ABOUT THIS TASK: Everything in the listing below from the line containing "rw e record" through the line containing "within = insert-Within" must be repeated exactly; the remaining lines are not wanted.
[[ MATERIALS PROVIDED open ]]
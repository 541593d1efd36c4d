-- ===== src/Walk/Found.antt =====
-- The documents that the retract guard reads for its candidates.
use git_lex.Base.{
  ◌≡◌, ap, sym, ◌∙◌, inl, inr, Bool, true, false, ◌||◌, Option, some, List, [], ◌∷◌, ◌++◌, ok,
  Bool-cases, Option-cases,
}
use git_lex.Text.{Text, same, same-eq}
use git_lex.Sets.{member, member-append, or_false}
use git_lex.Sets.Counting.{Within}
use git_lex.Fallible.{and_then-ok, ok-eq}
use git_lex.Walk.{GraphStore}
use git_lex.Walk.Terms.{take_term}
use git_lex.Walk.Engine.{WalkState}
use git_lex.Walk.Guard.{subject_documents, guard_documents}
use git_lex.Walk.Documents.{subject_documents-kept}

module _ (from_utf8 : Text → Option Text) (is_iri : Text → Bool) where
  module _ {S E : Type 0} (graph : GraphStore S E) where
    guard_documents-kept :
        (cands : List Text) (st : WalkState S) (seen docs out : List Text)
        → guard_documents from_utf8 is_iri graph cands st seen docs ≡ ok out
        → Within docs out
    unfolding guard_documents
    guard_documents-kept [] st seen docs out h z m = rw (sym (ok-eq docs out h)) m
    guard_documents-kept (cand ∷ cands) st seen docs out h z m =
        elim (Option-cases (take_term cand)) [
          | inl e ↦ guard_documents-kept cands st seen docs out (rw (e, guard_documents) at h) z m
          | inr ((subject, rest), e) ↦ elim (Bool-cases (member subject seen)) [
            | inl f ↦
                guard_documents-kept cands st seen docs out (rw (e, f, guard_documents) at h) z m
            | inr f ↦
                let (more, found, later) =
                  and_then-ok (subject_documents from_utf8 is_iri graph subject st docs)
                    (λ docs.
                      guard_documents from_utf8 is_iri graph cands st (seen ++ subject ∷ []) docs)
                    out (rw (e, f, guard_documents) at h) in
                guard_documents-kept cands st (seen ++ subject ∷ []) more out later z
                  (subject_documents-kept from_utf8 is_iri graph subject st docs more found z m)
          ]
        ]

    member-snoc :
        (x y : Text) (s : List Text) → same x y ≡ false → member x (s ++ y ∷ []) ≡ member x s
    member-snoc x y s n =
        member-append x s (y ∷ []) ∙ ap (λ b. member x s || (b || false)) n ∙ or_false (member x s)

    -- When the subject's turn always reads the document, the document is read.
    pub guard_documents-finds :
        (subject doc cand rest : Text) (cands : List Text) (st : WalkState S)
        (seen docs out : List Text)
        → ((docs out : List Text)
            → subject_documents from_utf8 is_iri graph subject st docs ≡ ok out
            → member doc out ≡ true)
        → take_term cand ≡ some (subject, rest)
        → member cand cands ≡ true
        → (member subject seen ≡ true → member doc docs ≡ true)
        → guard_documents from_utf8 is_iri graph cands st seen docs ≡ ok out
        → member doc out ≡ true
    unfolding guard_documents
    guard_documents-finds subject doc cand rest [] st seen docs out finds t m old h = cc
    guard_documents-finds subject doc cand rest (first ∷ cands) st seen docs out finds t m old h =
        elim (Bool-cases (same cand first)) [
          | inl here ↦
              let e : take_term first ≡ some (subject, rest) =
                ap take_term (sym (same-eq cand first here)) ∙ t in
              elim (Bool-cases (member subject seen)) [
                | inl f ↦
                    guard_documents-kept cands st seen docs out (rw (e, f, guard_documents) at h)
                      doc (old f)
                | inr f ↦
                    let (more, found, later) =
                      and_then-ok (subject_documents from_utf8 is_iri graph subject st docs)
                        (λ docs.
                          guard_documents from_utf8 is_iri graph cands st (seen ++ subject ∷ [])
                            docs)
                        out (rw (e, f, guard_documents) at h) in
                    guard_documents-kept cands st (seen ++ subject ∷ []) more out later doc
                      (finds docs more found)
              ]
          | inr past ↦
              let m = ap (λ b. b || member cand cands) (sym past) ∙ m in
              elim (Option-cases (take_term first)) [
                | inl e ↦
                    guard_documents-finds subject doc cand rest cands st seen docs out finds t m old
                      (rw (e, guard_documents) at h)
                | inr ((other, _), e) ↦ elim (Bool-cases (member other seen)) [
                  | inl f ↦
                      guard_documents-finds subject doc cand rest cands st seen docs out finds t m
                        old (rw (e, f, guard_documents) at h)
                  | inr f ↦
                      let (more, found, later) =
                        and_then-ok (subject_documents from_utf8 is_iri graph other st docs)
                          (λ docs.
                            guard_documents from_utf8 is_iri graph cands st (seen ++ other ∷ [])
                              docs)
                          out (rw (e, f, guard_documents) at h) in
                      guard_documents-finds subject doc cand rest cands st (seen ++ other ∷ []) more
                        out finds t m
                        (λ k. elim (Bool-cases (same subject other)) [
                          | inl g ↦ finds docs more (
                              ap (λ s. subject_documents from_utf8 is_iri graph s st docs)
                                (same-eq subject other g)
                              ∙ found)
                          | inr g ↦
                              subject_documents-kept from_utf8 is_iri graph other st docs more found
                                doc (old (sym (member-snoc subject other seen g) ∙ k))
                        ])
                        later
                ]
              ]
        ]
[[ MATERIALS PROVIDED closed ]]
[[ MATERIALS PROVIDED open ]]
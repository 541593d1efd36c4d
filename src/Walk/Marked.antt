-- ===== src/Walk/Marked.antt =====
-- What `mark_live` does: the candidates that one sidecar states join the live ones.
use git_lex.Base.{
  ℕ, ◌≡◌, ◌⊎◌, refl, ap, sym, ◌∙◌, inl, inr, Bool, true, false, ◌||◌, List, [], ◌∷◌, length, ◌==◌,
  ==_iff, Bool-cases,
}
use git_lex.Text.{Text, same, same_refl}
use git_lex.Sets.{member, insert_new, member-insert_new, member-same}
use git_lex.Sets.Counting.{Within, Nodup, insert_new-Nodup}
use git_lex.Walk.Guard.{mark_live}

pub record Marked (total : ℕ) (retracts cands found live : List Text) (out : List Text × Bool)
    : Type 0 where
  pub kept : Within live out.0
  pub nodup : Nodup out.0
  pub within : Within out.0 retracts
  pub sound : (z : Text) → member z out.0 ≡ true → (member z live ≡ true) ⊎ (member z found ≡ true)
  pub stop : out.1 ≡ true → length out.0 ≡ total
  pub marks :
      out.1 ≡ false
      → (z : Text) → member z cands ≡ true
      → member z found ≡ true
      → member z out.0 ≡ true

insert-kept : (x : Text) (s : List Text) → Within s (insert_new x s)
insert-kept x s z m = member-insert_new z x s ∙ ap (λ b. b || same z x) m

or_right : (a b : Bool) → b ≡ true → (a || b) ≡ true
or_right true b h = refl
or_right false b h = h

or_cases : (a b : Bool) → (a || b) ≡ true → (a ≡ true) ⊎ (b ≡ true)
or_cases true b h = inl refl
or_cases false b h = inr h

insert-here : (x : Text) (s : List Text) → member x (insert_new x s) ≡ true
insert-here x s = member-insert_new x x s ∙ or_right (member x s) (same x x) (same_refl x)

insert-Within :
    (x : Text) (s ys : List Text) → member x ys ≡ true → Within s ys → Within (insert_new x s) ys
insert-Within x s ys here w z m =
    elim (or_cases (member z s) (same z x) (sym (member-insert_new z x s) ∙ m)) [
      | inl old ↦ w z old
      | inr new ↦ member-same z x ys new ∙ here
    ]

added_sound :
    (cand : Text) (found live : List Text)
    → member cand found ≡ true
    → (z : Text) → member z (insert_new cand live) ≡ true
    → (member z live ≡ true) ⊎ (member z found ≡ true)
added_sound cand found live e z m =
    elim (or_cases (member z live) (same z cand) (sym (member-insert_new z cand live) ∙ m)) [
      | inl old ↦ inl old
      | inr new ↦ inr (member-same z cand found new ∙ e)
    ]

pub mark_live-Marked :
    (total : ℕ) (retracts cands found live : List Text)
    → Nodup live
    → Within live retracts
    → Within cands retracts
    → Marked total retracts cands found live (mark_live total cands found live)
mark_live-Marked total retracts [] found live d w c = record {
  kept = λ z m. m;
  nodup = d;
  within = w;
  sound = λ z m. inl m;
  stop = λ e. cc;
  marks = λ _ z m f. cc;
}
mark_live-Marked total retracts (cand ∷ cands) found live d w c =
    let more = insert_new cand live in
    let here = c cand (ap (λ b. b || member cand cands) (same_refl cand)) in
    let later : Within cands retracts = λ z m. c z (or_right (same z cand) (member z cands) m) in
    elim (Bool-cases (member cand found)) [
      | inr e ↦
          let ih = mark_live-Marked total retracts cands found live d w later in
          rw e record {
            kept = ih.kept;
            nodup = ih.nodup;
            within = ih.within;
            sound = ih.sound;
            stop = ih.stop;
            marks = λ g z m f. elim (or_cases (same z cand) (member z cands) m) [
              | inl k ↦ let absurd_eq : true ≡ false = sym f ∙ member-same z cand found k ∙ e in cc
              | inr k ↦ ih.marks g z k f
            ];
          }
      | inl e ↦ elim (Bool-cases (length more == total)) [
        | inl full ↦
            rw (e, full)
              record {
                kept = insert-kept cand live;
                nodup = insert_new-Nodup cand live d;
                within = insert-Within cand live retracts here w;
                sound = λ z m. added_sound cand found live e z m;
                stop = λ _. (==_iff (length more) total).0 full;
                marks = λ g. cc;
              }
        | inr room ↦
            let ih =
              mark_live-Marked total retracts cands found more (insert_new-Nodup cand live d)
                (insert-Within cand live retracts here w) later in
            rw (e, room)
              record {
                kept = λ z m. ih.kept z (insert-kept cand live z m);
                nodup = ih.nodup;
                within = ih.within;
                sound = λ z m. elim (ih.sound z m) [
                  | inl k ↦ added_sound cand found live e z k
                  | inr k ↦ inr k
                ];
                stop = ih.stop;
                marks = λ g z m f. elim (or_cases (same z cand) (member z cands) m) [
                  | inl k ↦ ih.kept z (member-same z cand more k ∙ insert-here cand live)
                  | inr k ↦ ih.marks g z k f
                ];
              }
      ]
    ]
[[ MATERIALS PROVIDED closed ]]
SOLUTION:
          rw e record {
            kept = ih.kept;
            nodup = ih.nodup;
            within = ih.within;
            sound = ih.sound;
            stop = ih.stop;
            marks = λ g z m f. elim (or_cases (same z cand) (member z cands) m) [
              | inl k ↦ let absurd_eq : true ≡ false = sym f ∙ member-same z cand found k ∙ e in cc
              | inr k ↦ ih.marks g z k f
            ];
          }
      | inl e ↦ elim (Bool-cases (length more == total)) [
        | inl full ↦
            rw (e, full)
              record {
                kept = insert-kept cand live;
                nodup = insert_new-Nodup cand live d;
                within = insert-Within cand live retracts here w;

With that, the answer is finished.